Books and Web Resources on Moths

This week is National Moth Week. Why moths? Moths are extremely diverse, with about 160,000 species worldwide, and appear in a variety of sizes, shapes, and colors. Despite this incredible diversity, many moths are not well studied or are underappreciated; sometimes they are even feared. National Moth Week aims to give more attention to these creatures of the night and to encourage citizen scientists to study and document them.

One obstacle to starting out studying moths as an amateur is that they are not as well covered as birds or even butterflies when it comes to field guides and other references for a popular audience.

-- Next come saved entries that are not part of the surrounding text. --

-- ===== src/IocpServer/Packets/Clients/Streams.antt =====
-- IOCPServer.cpp and IOCPSession.cpp together: many clients that each send packet after packet.
use iocp_chat_server.Base.{
  ℕ, zero, suc, ◌≡◌, ◌≢◌, refl, sym, ap, ◌∙◌, ◌⊎◌, inl, inr, none, some, subst, List, [], ◌∷◌, ◌++◌,
  arith, Option, length, replicate,
}
use iocp_chat_server.Network.{PacketObfuscation, Decodes, Winsock}
use iocp_chat_server.Network.IoData.{io_read}
use iocp_chat_server.Network.IocpSession.{
  IocpSession, Received, needs_more, packaged, invalid_packet, overreads, recv_stand_by,
}
use iocp_chat_server.Network.IocpSession.Reassembly.{
  arrive, arrive_all, arrive_all-nil, arrive_all-cons, arrive_all-frame, IsFresh,
  recv_stand_by-IsFresh, NonEmpty,
}
use iocp_chat_server.SessionManager.Memory.{Pointer, World, done}
use iocp_chat_server.IocpServer.Packets.{packages}
use iocp_chat_server.IocpServer.Packets.Pieces.{AllFine, AllFine-frame}
use iocp_chat_server.IocpServer.Packets.Stream.{Shipment, AllShip, standing_by}
use iocp_chat_server.IocpServer.Packets.Clients.{
  Arrivals, pieces_of, packages_of, newest, arrive_from, Ready, arrive_from-Served,
}

-- The pieces of all of them, in order.
abbrev pub pieces_in : List Shipment → List (List ℕ)
pieces_in [] = []
pieces_in (x ∷ xs) = (x.first ∷ x.others) ++ pieces_in xs

-- Their packets, the last on top.
abbrev pub delivered : List Shipment → List ℕ → List ℕ
delivered [] l = l
delivered (x ∷ xs) l = delivered xs (x.packet ∷ l)

NonEmpty-append : (cs ds : List (List ℕ)) → NonEmpty cs → NonEmpty ds → NonEmpty (cs ++ ds)
NonEmpty-append [] ds m n = n
NonEmpty-append (c ∷ cs) ds m n = (m.0, NonEmpty-append cs ds m.1 n)

AllFine-append : (rs qs : List (Received ℕ)) → AllFine rs → AllFine qs → AllFine (rs ++ qs)
AllFine-append [] qs m n = n
AllFine-append (r ∷ rs) qs m n = (m.0, AllFine-append rs qs m.1 n)

newest-append :
    (rs qs : List (Received ℕ)) (l : List ℕ) → newest (rs ++ qs) l ≡ newest qs (newest rs l)
newest-append [] qs l = refl
newest-append (packaged k ∷ rs) qs l = newest-append rs qs (k ∷ l)
newest-append (needs_more ∷ rs) qs l = newest-append rs qs l
newest-append (invalid_packet ∷ rs) qs l = newest-append rs qs l
newest-append (overreads ∷ rs) qs l = newest-append rs qs l

newest-frame : (n k : ℕ) (l : List ℕ) → newest (replicate n needs_more ++ packaged k ∷ []) l ≡ k ∷ l
newest-frame zero k l = refl
newest-frame (suc n) k l = newest-frame n k l

-- A session that waits for a packet.
pub record Waits (w : World) (p : Pointer) : Type 0 where
  pub session : IocpSession
  pub there : w.heap p ≡ some session
  pub not_null : p ≢ 0
  pub fresh : IsFresh session
  pub reads : session.read.io_type ≡ io_read

abbrev IsFreshAt : Option IocpSession → Type 0
IsFreshAt none = Unit {0}
IsFreshAt (some s) = IsFresh s

module _ (net : Winsock) (o : PacketObfuscation) (analyzer : List ℕ → Option ℕ) where
  arrive_all-append :
      (s : IocpSession) (cs ds : List (List ℕ))
      → let a = arrive_all net o analyzer s cs in
        let b = arrive_all net o analyzer a.0 ds in
        arrive_all net o analyzer s (cs ++ ds) ≡ (b.0, a.1 ++ b.1)
  arrive_all-append s [] ds = rw (arrive_all-nil net o analyzer s) refl
  arrive_all-append s (c ∷ cs) ds =
      rw
        (
          arrive_all-cons net o analyzer s c (cs ++ ds),
          arrive_all-cons net o analyzer s c cs,
          arrive_all-append (arrive net o analyzer s c).0 cs ds,
        )
        refl

  -- What a session makes of these packets.
  record Streams (s : IocpSession) (xs : List Shipment) (r : IocpSession × List (Received ℕ))
      : Type 0 where
    ends : r.0 ≡ standing_by net xs s
    packets : (l : List ℕ) → newest r.1 l ≡ delivered xs l
    fine : AllFine r.1

  Streams-cons :
      (s : IocpSession) (x : Shipment) (xs : List Shipment) (b : IocpSession × List (Received ℕ))
      → Streams (recv_stand_by net s).0 xs b
      → Streams s
          (x ∷ xs)
          (b.0, (replicate (length x.others) needs_more ++ packaged x.packet ∷ []) ++ b.1)
  Streams-cons s x xs b t =
      let n = length x.others in
      let first : List (Received ℕ) = replicate n needs_more ++ packaged x.packet ∷ [] in
      record {
        ends = t.ends;
        packets = λ l.
            newest-append first b.1 l
            ∙ ap (newest b.1) (newest-frame n x.packet l)
            ∙ t.packets (x.packet ∷ l);
        fine = AllFine-append first b.1 (AllFine-frame n x.packet) t.fine;
      }

  arrive_all-Streams :
      Decodes o
      → (xs : List Shipment) (s : IocpSession) → IsFresh s
      → AllShip o analyzer xs
      → Streams s xs (arrive_all net o analyzer s (pieces_in xs))
  arrive_all-Streams decodes [] s f h =
      rw (arrive_all-nil net o analyzer s) (record { ends = refl; packets = λ l. refl; fine = tt })
  arrive_all-Streams decodes (x ∷ xs) s f h =
      let all =
        arrive_all-frame net o decodes analyzer x.body h.0.fits x.first x.others s x.packet f
          h.0.whole h.0.four h.0.non_empty h.0.known in
      rw (arrive_all-append s (x.first ∷ x.others) (pieces_in xs), all.0)
        (Streams-cons s x xs (arrive_all net o analyzer (recv_stand_by net s).0 (pieces_in xs))
          (arrive_all-Streams decodes xs (recv_stand_by net s).0 (recv_stand_by-IsFresh net s) h.1))

  pieces_in-NonEmpty : (xs : List Shipment) → AllShip o analyzer xs → NonEmpty (pieces_in xs)
  pieces_in-NonEmpty [] h = tt
  pieces_in-NonEmpty (x ∷ xs) h =
      NonEmpty-append (x.first ∷ x.others) (pieces_in xs) (omega (arith, h.0.four), h.0.non_empty)
        (pieces_in-NonEmpty xs h.1)

  pub streams-Ready :
      (fuel : ℕ) (w : World) (p : Pointer) (xs : List Shipment)
      → Decodes o
      → Waits w p
      → AllShip o analyzer xs
      → Ready net o analyzer fuel w p (pieces_in xs)
  streams-Ready fuel w p xs decodes v h = record {
    session = v.session;
    there = v.there;
    not_null = v.not_null;
    reads = v.reads;
    non_empty = pieces_in-NonEmpty xs h;
    fine = (arrive_all-Streams decodes xs v.session v.fresh h).fine;
  }

  -- A client that sends nothing, or whose session waits.
  Waits-Streams :
      (w : World) (p : Pointer) (s : IocpSession) (xs : List Shipment)
      → Decodes o
      → w.heap p ≡ some s
      → (xs ≡ []) ⊎ (Waits w p × AllShip o analyzer xs)
      → Streams s xs (arrive_all net o analyzer s (pieces_in xs))
  Waits-Streams w p s xs decodes e (inl nil) =
      rw (nil, arrive_all-nil net o analyzer s)
        (record { ends = refl; packets = λ l. refl; fine = tt })
  Waits-Streams w p s xs decodes e (inr (v, ships)) =
      let fresh : IsFresh s = subst IsFreshAt (sym v.there ∙ e) v.fresh in
      arrive_all-Streams decodes xs s fresh ships

-- Any number of clients each send packets one after another, in pieces as `Ships` says, with decoding that
-- undoes encoding, and their sessions wait; the completions of all pieces are handled one after another,
-- in any order that keeps the pieces of each client in order. No fault is met, and for each client
-- exactly its packets are passed on to the server, in order; its session waits again, and the list of
-- sessions is as before.
pub arrive_from-streams :
    (net : Winsock) (o : PacketObfuscation) (analyzer : List ℕ → Option ℕ) (fuel : ℕ)
    (streams : Pointer → List Shipment) (es : Arrivals) (w : World) (p : Pointer) (s : IocpSession)
    → Decodes o
    → ((q : Pointer) → pieces_of q es ≡ pieces_in (streams q))
    → ((q : Pointer) → (streams q ≡ []) ⊎ (Waits w q × AllShip o analyzer (streams q)))
    → w.heap p ≡ some s
    → (w' : World) × (arrive_from net o analyzer fuel es w ≡ done tt w')
      × (w'.session_list ≡ w.session_list)
      × (w'.heap p ≡ some (standing_by net (streams p) s))
      × (packages_of p (packages w'.effects)
          ≡ delivered (streams p) (packages_of p (packages w.effects)))
arrive_from-streams net o analyzer fuel streams es w p s decodes cut waits e =
    let ready : (q : Pointer)
        → (pieces_of q es ≡ []) ⊎ Ready net o analyzer fuel w q (pieces_of q es) =
      λ q. elim (waits q) [
        | inl nil ↦ inl (cut q ∙ ap pieces_in nil)
        | inr (v, ships) ↦
            inr (rw (cut q) (streams-Ready net o analyzer fuel w q (streams q) decodes v ships))
      ] in
    let r = arrive_from-Served net o analyzer fuel es w ready in
    let own : Streams net o analyzer s (streams p) (arrive_all net o analyzer s (pieces_of p es)) =
      rw (cut p) (Waits-Streams net o analyzer w p s (streams p) decodes e (waits p)) in
    (
      r.0,
      r.1,
      r.2.list,
      r.2.there p s e ∙ ap (λ (t : IocpSession). some t) own.ends,
      r.2.packages_put p s e ∙ own.packets (packages_of p (packages w.effects)),
    )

Moths' diversity makes it difficult for any guide to include all of the possible species, even within a limited area like northeastern North America. Here are some useful books on moths in North America.

The Peterson Field Guide to Moths of Northeastern North America by David Beadle and Seabrooke Leckie is currently the best field guide for moths in its area. It covers macromoths pretty thoroughly and includes many of the more common micromoths. The photos are of living specimens. I reviewed this book here.

Charles Covell's Field Guide to Moths of Eastern North America has effectively been replaced by the previous guide though it covers a larger area. It uses spread-winged specimens, and some printings have black and white illustrations. The guide has been out of print for a long time, but a reprint is available from the Virginia Museum of Natural History.

Caterpillars of Eastern North America by David Wagner covers common caterpillars of both moths and butterflies. This is a useful starting point for learning about caterpillars.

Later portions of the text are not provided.